He was at her 8 °Centre Street office twenty minutes later. Miki Shaughnessey was as different as could be from what he’d expected, right down to the spelling of her first name, which Jaywalker read off a piece of paper taped to her door, the permanent plaque having not yet arrived. She was also as different as could be from Daniel Pulaski. And not just because she was strawberry blonde, petite and cute. While those things made her good to look at, this was 1986. Jaywalker’s wife was very much alive back then, and he was very much in love with her. It would only be after her death that he would look elsewhere for consolation, first to the confines of his bed, then to the bottle, and eventually to other members of the female persuasion.

No, the reason Miki Shaughnessey was an improvement over Daniel Pulaski had less to do with her looks than it did with her openness. Jaywalker had sensed as much from the moment of her initial phone call. Pulaski would have held on to the lab reports for as long as possible. Hell, he’d done just that for twenty months so far. Then, at the last possible moment, he’d have sent them to Jaywalker by Third Class Mail. Shaughnessey had not only called him to say she had them, but had actually invited him to come over to pick them up. And while part of Jaywalker would miss doing battle against the likes of Pulaski, right now he’d settle for Shaughnessey’s openness.

“So,” she was telling him now, “I understand that I’m about to go up against one of the best.”

“Don’t believe everything you hear.” He brushed her off with characteristic modesty. “And you must be good, or Pulaski wouldn’t have picked you to try this case. I hear he’s a big shot over in Investigations now.”
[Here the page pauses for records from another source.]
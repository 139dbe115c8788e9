-- ===== src/Control/Handler/Invariant/Commands.antt =====
-- Every command keeps the invariant of the session.
use hybrid_ftp_socket.Prelude.{
  ℕ, ◌<◌, ◌≤◌, Bool, true, false, not, Option, none, some, Option-cases, ◌≡◌, refl, inl, inr, List,
  [], ◌∷◌, Bool-cases, if◌then◌else◌, arith,
}
use hybrid_ftp_socket.Prelude.Text.{strip}
use hybrid_ftp_socket.Prelude.Numerals.{Text, is_empty, split_onto}
use hybrid_ftp_socket.Rdt.Context.{is_mode, is_type}
use hybrid_ftp_socket.Control.Session.{Session, Given, Operation}
use hybrid_ftp_socket.Control.Files.{Files}
use hybrid_ftp_socket.Control.Replies.{line}
use hybrid_ftp_socket.Control.Handler.Base.{Handled, says}
use hybrid_ftp_socket.Control.Handler.Login.{user, password_for}
use hybrid_ftp_socket.Control.Handler.Directories.{rename_to}
use hybrid_ftp_socket.Control.Handler.Parameters.{
  octets, address_of, port_address, is_bounce, use_address, port_cmd, pasv_cmd,
}
use hybrid_ftp_socket.Control.Handler.Transfers.{
  has_endpoint, transfer_in_progress, start_transfer, begin,
}
use hybrid_ftp_socket.Control.Handler.Keeps.{
  logged_in_keeps, with_argument_keeps, no_argument_keeps, on_outcome_keeps,
}
use hybrid_ftp_socket.Control.Handler.Invariant.{IsValid}
use hybrid_ftp_socket.Control.Handler.Invariant.Bounce.{is_bounce-IsAllowed}

-- The port that PORT reads is one.
address_of-port :
    (nums : Option (List ℕ)) (ip : Text) (port : ℕ)
    → address_of nums ≡ some (ip, port)
    → (0 < port) × (port ≤ 65535)
unfolding address_of
address_of-port (some (a ∷ b ∷ c ∷ d ∷ p ∷ q ∷ [])) ip port e = ground arith
address_of-port none ip port e = absurd cc
address_of-port (some []) ip port e = absurd cc
address_of-port (some (a ∷ [])) ip port e = absurd cc
address_of-port (some (a ∷ b ∷ [])) ip port e = absurd cc
address_of-port (some (a ∷ b ∷ c ∷ [])) ip port e = absurd cc
address_of-port (some (a ∷ b ∷ c ∷ d ∷ [])) ip port e = absurd cc
address_of-port (some (a ∷ b ∷ c ∷ d ∷ p ∷ [])) ip port e = absurd cc
address_of-port (some (a ∷ b ∷ c ∷ d ∷ p ∷ q ∷ r ∷ nums)) ip port e = absurd cc

module _ (files : Files) where
  pub renamed :
      (s : Session) (c : ℕ) (old : Text)
      → s.is_logged_in ≡ true
      → IsValid files s
      → IsValid files (record s { rename_from = some (c ∷ old) })
  renamed s c old l v = record {
    user = v.user;
    renaming = inr (l, c, old, refl);
    mode = v.mode;
    type = v.type;
    inside = v.inside;
    endpoint = v.endpoint;
  }

  pub forgotten : (s : Session) → IsValid files s → IsValid files (record s { rename_from = none })
  forgotten s v = record {
    user = v.user;
    renaming = inl refl;
    mode = v.mode;
    type = v.type;
    inside = v.inside;
    endpoint = v.endpoint;
  }

  pub moved :
      (s : Session) (path : Text)
      → files.IsInside path
      → IsValid files s
      → IsValid files (record s { current_dir = path })
  moved s path i v = record {
    user = v.user;
    renaming = v.renaming;
    mode = v.mode;
    type = v.type;
    inside = i;
    endpoint = v.endpoint;
  }

  pub user-IsValid :
      (arg : Text) (s : Session) (disk : files.Disk) (counter : ℕ)
      → IsValid files s
      → IsValid files (user files.Disk arg s disk counter).session
  unfolding user
  user-IsValid arg s disk counter v = elim (Bool-cases (is_empty (strip arg))) [
    | inl t ↦ rw t v
    | inr t ↦ rw t (record {
      user = inl refl;
      renaming = inl refl;
      mode = v.mode;
      type = v.type;
      inside = v.inside;
      endpoint = v.endpoint;
    })
  ]

  pub password-IsValid :
      (name : Option Text) (arg : Text) (s : Session) (disk : files.Disk) (counter : ℕ)
      → s.username ≡ name
      → s.rename_from ≡ none
      → IsValid files s
      → IsValid files (password_for files.Disk name arg s disk counter).session
  unfolding password_for
  password-IsValid none arg s disk counter e r v = v
  password-IsValid (some name) arg s disk counter e r v = elim (Bool-cases s.is_logged_in) [
    | inl t ↦ simp t v
    | inr t ↦ elim (Bool-cases (is_empty arg)) [
      | inl u ↦
          simp (t, u)
            (record {
              user = inl refl;
              renaming = inl r;
              mode = v.mode;
              type = v.type;
              inside = v.inside;
              endpoint = v.endpoint;
            })
      | inr u ↦
          simp (t, u)
            (record {
              user = inr (name, e);
              renaming = inl r;
              mode = v.mode;
              type = v.type;
              inside = v.inside;
              endpoint = v.endpoint;
            })
    ]
  ]

  set_type :
      (s : Session) (letter : ℕ)
      → is_type letter ≡ true
      → IsValid files s
      → IsValid files (record s { transfer_type = letter })
  set_type s letter t v = record {
    user = v.user;
    renaming = v.renaming;
    mode = v.mode;
    type = t;
    inside = v.inside;
    endpoint = v.endpoint;
  }

  set_mode :
      (s : Session) (letter : ℕ)
      → is_mode letter ≡ true
      → IsValid files s
      → IsValid files (record s { transfer_mode = letter })
  set_mode s letter m v = record {
    user = v.user;
    renaming = v.renaming;
    mode = m;
    type = v.type;
    inside = v.inside;
    endpoint = v.endpoint;
  }

  pub type_choice-IsValid :
      (a b : Bool) (s : Session) (disk : files.Disk) (counter : ℕ) (ascii binary invalid : Text)
      → IsValid files s
      → IsValid files
          (if a
            then says files.Disk (record s { transfer_type = b'A' }) disk counter ascii
            else if b
            then says files.Disk (record s { transfer_type = b'I' }) disk counter binary
            else says files.Disk s disk counter invalid).session
  unfolding is_type
  type_choice-IsValid true b s disk counter ascii binary invalid v = set_type s b'A' refl v
  type_choice-IsValid false true s disk counter ascii binary invalid v = set_type s b'I' refl v
  type_choice-IsValid false false s disk counter ascii binary invalid v = v

  pub mode_choice-IsValid :
      (a b c : Bool) (s : Session) (disk : files.Disk) (counter : ℕ)
      (stream block compressed invalid : Text)
      → IsValid files s
      → IsValid files
          (if a
            then says files.Disk (record s { transfer_mode = b'S' }) disk counter stream
            else if b
            then says files.Disk (record s { transfer_mode = b'B' }) disk counter block
            else if c
            then says files.Disk (record s { transfer_mode = b'C' }) disk counter compressed
            else says files.Disk s disk counter invalid).session
  unfolding is_mode
  mode_choice-IsValid true b c s disk counter stream block compressed invalid v =
      set_mode s b'S' refl v
  mode_choice-IsValid false true c s disk counter stream block compressed invalid v =
      set_mode s b'B' refl v
  mode_choice-IsValid false false true s disk counter stream block compressed invalid v =
      set_mode s b'C' refl v
  mode_choice-IsValid false false false s disk counter stream block compressed invalid v = v

  use_address-IsValid :
      (ip : Text) (port : ℕ) (given : Given) (s : Session) (disk : files.Disk) (counter : ℕ)
      → (0 < port) × (port ≤ 65535)
      → IsValid files s
      → IsValid files (use_address files.Disk ip port given s disk counter).session
  unfolding use_address
  use_address-IsValid ip port given s disk counter range v =
      elim (Bool-cases (is_bounce s.peer_ip ip)) [
        | inl t ↦ simp t v
        | inr t ↦ elim (Option-cases given.bound) [
          | inl n ↦
              simp (t, n)
                (record {
                  user = v.user;
                  renaming = v.renaming;
                  mode = v.mode;
                  type = v.type;
                  inside = v.inside;
                  endpoint = v.endpoint;
                })
          | inr (p, n) ↦
              simp (t, n)
                (record {
                  user = v.user;
                  renaming = v.renaming;
                  mode = v.mode;
                  type = v.type;
                  inside = v.inside;
                  endpoint = (is_bounce-IsAllowed s.peer_ip ip t, range.0, range.1);
                })
        ]
      ]

  pub port_cmd-IsValid :
      (arg : Text) (given : Given) (s : Session) (disk : files.Disk) (counter : ℕ)
      → IsValid files s
      → IsValid files (port_cmd files.Disk arg given s disk counter).session
  unfolding port_cmd port_address
  port_cmd-IsValid arg given s disk counter v =
      logged_in_keeps files (IsValid files) s disk counter _ v (λ l.
        with_argument_keeps files (IsValid files) arg s disk counter _ _ v (
          by_address (port_address arg)
            (λ ip port e. address_of-port (octets (split_onto b',' arg)) ip port e)))
    where
      by_address :
          (address : Option (Text × ℕ))
          → ((ip : Text) (port : ℕ) → address ≡ some (ip, port) → (0 < port) × (port ≤ 65535))
          → IsValid files
              (elim address as (λ x. Handled files.Disk) [
                | none ↦ says files.Disk s disk counter (line "501 Invalid PORT")
                | some (ip, port) ↦ use_address files.Disk ip port given s disk counter
              ]).session
      by_address none h = v
      by_address (some (ip, port)) h =
          use_address-IsValid ip port given s disk counter (h ip port refl) v

  pub pasv_cmd-IsValid :
      (arg : Text) (given : Given) (s : Session) (disk : files.Disk) (counter : ℕ)
      → IsValid files s
      → IsValid files (pasv_cmd files.Disk arg given s disk counter).session
  unfolding pasv_cmd
  pasv_cmd-IsValid arg given s disk counter v =
      logged_in_keeps files (IsValid files) s disk counter _ v (λ l.
        no_argument_keeps files (IsValid files) arg s disk counter _ _ v
          (elim (Option-cases given.bound) [
            | inl n ↦ simp n (record {
              user = v.user;
              renaming = v.renaming;
              mode = v.mode;
              type = v.type;
              inside = v.inside;
              endpoint = v.endpoint;
            })
            | inr (p, n) ↦ simp n (record {
              user = v.user;
              renaming = v.renaming;
              mode = v.mode;
              type = v.type;
              inside = v.inside;
              endpoint = tt;
            })
          ]))

  pub rename_to-IsValid :
      (old : Option Text) (arg : Text) (s : Session) (disk : files.Disk) (counter : ℕ)
      → IsValid files s
      → IsValid files (rename_to files old arg s disk counter).session
  unfolding rename_to
  rename_to-IsValid none arg s disk counter v = v
  rename_to-IsValid (some []) arg s disk counter v = v
  rename_to-IsValid (some (c ∷ old)) arg s disk counter v =
      on_outcome_keeps files (IsValid files) _ _ counter _ _ _ (forgotten s v)
        (λ a e. forgotten s v)

  pub begin-IsValid :
      (operation : Operation) (argument : Option Text) (given : Given) (s : Session)
      (disk : files.Disk) (counter : ℕ)
      → IsValid files s
      → IsValid files (begin files.Disk operation argument given s disk counter).session
  unfolding begin start_transfer
  begin-IsValid operation argument given s disk counter v =
      by_tests (has_endpoint s) (transfer_in_progress given s)
    where
      by_tests :
          (a b : Bool)
          → IsValid files
              (if not a
                then says files.Disk s disk counter (line "425 Use PORT or PASV first")
                else if b
                then says files.Disk s disk counter (line "450 Transfer already in progress")
                else start_transfer files.Disk operation argument s disk counter).session
      by_tests false b = v
      by_tests true true = v
      by_tests true false = record {
        user = v.user;
        renaming = v.renaming;
        mode = v.mode;
        type = v.type;
        inside = v.inside;
        endpoint = v.endpoint;
      }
“Not yet. His transfer doesn’t actually take place for another six weeks. And while I appreciate his vote of confidence in me, I feel like I’m being thrown to the wolves. Not only does he give me an A-1 felony for my first trial here, he puts me up against you.”

“Don’t worry,” Jaywalker told her. “I’m sure you’ll do just fine.” And it was true, he knew. Because while he would have pulled no punches against a prick like Pulaski, he’d never take advantage of a novice. Sure, once the opening bell rang, he’d do everything he could for Alonzo Barnett, but that everything wouldn’t include playing dirty. And he knew that Shirley Levine would go out of her way to make Shaughnessey’s first trial a fair one, too.

But even as he was telling Miki Shaughnessey not to worry, Jaywalker had already begun to. Because tucked into her little speech were several things that immediately raised red flags for him. First was the revelation that Daniel Pulaski’s transfer wouldn’t take place for another six weeks. The Barnett trial was only two weeks away and would last two weeks at most. Had Pulaski wanted to, he could easily have tried it himself before going over to Investigations. Then there was the fact that Miki Shaughnessey was being entrusted with an A-1 felony as her very first trial in the office. Sure, it was a winner from the prosecution’s point of view. But still, it was kind of like handing a brand-new assistant a murder case first time up to the plate. Why would Pulaski take a chance doing something like that, especially when he himself knew the case inside out? Why not let Shaughnessey second-seat him and learn by watching how it was done? Or, if he really wanted to give her some on-the-job training, have her try it with him in the second seat?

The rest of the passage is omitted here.